» YOUR GOAL
For this exercise, reproduce the entries below exactly, but only from the line containing "-- Every raw" through the line containing "add_all-IsParsed lib no_rules", both included.

» Stored items
⁂

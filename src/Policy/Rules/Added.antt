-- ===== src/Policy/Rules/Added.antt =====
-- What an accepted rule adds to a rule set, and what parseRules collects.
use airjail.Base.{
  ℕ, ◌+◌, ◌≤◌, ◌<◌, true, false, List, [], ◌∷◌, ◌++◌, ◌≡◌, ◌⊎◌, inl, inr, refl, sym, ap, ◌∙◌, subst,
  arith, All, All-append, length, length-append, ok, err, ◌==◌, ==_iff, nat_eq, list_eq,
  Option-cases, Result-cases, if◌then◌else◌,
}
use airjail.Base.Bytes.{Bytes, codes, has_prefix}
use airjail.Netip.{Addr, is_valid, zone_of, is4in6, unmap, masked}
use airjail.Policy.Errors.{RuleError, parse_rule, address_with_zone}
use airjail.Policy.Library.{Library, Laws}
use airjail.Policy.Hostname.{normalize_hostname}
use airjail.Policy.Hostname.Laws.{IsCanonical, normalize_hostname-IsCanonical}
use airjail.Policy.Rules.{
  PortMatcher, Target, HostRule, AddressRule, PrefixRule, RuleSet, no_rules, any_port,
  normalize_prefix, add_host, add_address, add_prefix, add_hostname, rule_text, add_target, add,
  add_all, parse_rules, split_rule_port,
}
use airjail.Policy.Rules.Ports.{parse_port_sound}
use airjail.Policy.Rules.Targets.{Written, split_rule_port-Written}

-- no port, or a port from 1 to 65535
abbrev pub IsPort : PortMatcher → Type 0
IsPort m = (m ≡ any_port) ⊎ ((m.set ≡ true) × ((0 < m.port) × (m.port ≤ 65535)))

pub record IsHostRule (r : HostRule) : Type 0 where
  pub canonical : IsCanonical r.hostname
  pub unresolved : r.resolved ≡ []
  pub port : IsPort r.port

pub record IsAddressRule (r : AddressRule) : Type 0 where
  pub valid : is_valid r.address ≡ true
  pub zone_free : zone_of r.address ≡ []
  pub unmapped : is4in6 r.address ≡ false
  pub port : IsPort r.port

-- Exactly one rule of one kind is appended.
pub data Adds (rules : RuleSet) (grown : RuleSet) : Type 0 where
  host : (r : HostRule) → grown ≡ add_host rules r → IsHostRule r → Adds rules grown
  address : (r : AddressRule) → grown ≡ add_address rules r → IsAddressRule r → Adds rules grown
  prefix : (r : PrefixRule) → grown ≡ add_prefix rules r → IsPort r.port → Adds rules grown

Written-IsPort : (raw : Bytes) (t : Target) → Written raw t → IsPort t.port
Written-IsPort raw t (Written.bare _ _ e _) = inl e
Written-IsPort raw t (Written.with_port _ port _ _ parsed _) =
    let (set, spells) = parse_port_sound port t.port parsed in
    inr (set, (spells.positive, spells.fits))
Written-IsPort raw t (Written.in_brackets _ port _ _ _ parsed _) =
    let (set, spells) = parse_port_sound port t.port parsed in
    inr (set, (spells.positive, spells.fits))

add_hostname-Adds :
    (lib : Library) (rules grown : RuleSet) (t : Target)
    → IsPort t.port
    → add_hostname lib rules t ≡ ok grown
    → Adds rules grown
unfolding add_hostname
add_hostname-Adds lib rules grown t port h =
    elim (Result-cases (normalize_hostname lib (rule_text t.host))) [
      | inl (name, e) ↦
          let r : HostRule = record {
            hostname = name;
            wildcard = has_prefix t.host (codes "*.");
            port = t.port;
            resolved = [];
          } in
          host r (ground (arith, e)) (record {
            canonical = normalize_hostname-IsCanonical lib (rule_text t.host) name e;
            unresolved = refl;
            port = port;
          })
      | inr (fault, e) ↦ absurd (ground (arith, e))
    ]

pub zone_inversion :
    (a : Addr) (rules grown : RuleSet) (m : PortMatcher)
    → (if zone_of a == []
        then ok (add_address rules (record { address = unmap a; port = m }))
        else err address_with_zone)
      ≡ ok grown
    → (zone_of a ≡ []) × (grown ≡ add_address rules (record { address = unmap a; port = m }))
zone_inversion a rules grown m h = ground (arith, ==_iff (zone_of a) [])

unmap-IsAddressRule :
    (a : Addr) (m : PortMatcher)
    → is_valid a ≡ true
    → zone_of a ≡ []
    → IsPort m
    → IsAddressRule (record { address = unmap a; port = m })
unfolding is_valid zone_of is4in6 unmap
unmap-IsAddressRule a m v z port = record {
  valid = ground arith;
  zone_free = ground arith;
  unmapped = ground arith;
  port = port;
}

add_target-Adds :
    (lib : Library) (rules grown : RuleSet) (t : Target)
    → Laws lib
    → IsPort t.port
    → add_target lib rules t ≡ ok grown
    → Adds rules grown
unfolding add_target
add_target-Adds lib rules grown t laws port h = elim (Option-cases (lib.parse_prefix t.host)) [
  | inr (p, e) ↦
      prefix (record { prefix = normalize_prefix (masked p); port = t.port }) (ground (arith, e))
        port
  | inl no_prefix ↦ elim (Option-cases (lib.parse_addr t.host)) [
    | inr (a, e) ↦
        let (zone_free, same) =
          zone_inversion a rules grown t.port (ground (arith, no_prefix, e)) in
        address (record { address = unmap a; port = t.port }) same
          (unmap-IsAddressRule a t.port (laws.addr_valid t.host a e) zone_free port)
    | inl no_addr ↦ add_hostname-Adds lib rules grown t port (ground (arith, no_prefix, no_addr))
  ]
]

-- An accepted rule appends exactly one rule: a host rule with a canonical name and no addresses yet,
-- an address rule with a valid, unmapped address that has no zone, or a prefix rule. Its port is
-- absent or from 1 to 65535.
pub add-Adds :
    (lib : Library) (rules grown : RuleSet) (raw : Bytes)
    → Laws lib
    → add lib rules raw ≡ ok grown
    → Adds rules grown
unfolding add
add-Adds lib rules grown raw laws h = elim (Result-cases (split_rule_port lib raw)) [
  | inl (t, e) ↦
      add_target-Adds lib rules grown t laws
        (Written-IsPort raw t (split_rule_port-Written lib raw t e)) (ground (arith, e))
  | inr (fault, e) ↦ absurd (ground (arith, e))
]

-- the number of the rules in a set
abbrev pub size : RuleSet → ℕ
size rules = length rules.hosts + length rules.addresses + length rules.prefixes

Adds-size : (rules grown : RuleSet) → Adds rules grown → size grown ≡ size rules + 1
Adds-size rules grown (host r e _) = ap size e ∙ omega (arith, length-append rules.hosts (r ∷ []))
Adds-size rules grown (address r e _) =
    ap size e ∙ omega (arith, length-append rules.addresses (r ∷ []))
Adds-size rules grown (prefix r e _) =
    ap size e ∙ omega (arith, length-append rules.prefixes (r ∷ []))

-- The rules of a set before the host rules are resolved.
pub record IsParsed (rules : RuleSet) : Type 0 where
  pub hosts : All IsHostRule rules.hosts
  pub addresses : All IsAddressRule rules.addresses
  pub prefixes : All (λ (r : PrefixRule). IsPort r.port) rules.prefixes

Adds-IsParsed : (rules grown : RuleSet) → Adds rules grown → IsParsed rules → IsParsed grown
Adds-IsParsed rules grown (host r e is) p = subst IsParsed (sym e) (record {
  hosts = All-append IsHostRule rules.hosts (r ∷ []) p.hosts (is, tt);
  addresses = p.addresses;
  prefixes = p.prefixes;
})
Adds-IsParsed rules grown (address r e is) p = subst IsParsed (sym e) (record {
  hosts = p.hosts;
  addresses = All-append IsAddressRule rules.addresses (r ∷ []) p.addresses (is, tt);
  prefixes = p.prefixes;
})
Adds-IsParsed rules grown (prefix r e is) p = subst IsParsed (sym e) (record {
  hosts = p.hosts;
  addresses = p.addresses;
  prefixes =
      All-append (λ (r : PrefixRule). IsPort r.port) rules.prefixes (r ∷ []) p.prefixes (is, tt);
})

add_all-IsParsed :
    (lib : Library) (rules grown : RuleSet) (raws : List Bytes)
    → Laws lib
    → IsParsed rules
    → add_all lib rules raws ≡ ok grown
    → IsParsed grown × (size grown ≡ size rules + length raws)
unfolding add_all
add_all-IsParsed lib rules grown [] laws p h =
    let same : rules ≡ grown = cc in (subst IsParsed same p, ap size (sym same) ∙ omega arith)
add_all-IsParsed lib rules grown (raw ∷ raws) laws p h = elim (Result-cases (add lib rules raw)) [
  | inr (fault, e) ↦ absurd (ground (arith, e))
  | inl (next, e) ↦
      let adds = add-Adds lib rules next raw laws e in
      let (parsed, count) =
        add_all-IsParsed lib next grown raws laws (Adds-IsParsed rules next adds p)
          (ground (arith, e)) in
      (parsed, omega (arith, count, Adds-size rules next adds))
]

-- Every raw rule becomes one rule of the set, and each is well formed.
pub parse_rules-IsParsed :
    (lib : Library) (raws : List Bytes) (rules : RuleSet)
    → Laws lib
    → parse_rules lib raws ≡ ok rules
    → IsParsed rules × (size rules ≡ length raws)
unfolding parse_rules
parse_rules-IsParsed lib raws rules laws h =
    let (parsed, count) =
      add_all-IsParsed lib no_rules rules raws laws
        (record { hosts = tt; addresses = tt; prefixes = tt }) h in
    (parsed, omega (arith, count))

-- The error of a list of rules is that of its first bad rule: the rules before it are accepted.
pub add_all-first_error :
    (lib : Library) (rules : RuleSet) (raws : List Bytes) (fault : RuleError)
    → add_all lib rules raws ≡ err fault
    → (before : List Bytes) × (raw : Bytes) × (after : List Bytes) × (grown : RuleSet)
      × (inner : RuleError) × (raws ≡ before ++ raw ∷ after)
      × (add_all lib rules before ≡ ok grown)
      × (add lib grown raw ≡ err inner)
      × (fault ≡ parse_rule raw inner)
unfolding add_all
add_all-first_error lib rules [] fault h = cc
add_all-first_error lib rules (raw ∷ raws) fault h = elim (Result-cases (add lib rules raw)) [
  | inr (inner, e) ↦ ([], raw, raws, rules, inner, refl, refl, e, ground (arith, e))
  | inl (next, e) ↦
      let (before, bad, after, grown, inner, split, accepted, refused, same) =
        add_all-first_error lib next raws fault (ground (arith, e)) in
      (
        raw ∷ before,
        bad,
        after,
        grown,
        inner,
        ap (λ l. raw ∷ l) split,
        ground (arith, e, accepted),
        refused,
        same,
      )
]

⁂

» THE COMPLETED TASK
-- Every raw rule becomes one rule of the set, and each is well formed.
pub parse_rules-IsParsed :
    (lib : Library) (raws : List Bytes) (rules : RuleSet)
    → Laws lib
    → parse_rules lib raws ≡ ok rules
    → IsParsed rules × (size rules ≡ length raws)
unfolding parse_rules
parse_rules-IsParsed lib raws rules laws h =
    let (parsed, count) =
      add_all-IsParsed lib no_rules rules raws laws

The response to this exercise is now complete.